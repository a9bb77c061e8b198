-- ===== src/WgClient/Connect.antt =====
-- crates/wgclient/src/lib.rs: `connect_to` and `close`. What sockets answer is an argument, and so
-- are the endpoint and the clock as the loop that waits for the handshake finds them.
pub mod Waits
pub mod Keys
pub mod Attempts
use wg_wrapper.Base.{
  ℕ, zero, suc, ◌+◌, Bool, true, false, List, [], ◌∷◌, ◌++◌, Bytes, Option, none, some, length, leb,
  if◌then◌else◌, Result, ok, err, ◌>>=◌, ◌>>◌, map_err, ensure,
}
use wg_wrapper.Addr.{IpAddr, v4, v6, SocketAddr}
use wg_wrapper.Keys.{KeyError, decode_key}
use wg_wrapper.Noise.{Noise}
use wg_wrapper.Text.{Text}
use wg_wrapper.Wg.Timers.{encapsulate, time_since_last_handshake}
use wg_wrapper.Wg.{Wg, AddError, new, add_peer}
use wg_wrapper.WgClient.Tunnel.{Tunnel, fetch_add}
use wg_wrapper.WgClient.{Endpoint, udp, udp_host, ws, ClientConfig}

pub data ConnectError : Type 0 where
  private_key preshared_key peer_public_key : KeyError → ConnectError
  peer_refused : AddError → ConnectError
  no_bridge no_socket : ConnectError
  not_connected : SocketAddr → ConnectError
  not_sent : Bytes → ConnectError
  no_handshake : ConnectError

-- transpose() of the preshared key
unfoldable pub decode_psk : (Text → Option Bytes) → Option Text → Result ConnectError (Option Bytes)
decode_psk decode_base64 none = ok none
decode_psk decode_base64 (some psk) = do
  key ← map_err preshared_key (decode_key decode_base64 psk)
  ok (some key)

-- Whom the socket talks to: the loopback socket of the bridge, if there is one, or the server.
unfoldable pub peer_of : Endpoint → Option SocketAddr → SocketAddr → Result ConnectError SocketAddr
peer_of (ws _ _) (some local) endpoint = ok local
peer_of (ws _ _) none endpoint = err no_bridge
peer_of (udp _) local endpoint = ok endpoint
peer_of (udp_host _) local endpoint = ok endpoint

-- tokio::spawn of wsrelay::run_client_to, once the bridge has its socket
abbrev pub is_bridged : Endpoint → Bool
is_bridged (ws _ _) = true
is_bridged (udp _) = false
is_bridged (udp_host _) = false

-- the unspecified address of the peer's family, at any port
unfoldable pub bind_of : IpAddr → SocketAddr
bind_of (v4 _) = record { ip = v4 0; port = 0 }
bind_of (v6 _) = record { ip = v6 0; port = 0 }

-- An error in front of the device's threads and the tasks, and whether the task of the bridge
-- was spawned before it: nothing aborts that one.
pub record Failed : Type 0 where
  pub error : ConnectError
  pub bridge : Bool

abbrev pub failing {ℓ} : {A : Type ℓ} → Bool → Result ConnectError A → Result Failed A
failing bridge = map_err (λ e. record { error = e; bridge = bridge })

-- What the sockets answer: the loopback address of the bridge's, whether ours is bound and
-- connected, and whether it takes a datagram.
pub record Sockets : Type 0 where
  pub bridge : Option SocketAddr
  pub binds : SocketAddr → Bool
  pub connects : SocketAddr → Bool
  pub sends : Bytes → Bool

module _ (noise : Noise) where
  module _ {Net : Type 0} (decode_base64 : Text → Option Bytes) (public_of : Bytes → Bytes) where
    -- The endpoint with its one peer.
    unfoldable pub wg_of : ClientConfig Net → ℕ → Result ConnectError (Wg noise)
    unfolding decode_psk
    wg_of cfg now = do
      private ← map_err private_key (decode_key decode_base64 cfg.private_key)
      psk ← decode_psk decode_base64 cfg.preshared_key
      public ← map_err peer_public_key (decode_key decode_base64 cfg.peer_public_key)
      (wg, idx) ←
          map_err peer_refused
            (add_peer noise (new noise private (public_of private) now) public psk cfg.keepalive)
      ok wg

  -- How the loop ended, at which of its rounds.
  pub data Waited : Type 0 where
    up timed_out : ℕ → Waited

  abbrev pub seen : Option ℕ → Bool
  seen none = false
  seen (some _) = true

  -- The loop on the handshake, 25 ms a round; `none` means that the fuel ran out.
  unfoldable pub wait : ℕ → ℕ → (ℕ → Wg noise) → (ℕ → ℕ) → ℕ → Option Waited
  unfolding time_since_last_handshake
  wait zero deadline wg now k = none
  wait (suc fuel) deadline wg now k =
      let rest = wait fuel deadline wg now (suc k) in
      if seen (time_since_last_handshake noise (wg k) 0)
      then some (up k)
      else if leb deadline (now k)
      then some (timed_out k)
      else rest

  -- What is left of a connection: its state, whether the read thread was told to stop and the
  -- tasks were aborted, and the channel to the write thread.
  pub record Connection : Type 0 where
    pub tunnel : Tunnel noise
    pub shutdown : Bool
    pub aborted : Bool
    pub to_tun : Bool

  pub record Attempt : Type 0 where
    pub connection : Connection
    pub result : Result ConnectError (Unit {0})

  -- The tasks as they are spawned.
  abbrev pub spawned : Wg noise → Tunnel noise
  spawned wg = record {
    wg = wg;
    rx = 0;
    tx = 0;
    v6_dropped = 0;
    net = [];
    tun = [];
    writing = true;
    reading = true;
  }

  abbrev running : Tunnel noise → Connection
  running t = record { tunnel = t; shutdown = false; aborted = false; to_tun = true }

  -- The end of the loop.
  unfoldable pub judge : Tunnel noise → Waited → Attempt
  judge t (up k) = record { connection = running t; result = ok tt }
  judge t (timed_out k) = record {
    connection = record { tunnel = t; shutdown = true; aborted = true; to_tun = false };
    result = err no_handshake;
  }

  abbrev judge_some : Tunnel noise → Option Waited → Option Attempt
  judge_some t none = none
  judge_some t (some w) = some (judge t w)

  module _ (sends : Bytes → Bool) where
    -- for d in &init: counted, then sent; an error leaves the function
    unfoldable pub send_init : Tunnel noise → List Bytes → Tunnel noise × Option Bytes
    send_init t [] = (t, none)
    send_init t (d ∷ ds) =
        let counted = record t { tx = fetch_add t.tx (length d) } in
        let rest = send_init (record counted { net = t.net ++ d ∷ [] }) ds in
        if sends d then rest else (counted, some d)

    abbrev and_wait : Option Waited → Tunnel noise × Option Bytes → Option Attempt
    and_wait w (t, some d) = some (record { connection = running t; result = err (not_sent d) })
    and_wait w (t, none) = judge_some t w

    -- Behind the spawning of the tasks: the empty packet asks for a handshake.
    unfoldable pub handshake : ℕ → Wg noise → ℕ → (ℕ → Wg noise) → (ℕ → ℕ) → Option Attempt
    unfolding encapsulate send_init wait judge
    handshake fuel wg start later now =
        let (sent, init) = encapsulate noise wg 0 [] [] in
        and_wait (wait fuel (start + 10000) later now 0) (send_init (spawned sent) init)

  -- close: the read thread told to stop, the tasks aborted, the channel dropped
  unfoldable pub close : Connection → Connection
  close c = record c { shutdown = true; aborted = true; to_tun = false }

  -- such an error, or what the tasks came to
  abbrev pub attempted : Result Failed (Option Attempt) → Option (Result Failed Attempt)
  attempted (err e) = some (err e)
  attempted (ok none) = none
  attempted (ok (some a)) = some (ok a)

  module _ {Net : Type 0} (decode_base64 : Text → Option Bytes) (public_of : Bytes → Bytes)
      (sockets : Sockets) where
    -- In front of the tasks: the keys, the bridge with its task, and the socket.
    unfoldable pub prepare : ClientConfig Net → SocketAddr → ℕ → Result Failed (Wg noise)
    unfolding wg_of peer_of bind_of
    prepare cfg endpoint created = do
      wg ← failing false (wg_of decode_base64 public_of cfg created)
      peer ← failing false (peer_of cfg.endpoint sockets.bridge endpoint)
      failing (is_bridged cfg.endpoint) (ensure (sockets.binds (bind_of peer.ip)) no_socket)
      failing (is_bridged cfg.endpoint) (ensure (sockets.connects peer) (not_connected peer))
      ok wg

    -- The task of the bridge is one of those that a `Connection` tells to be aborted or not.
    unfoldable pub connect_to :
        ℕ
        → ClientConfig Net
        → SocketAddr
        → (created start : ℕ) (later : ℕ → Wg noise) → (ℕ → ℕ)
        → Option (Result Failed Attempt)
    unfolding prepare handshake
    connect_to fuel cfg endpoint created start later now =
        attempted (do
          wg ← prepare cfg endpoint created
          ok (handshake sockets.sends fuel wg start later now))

Problem —
Whenever a line in the listing above includes the word "tasks", return that line.

Solution to this task —
-- An error in front of the device's threads and the tasks, and whether the task of the bridge
  -- tasks were aborted, and the channel to the write thread.
  -- The tasks as they are spawned.
    -- Behind the spawning of the tasks: the empty packet asks for a handshake.
  -- close: the read thread told to stop, the tasks aborted, the channel dropped
  -- such an error, or what the tasks came to
    -- In front of the tasks: the keys, the bridge with its task, and the socket.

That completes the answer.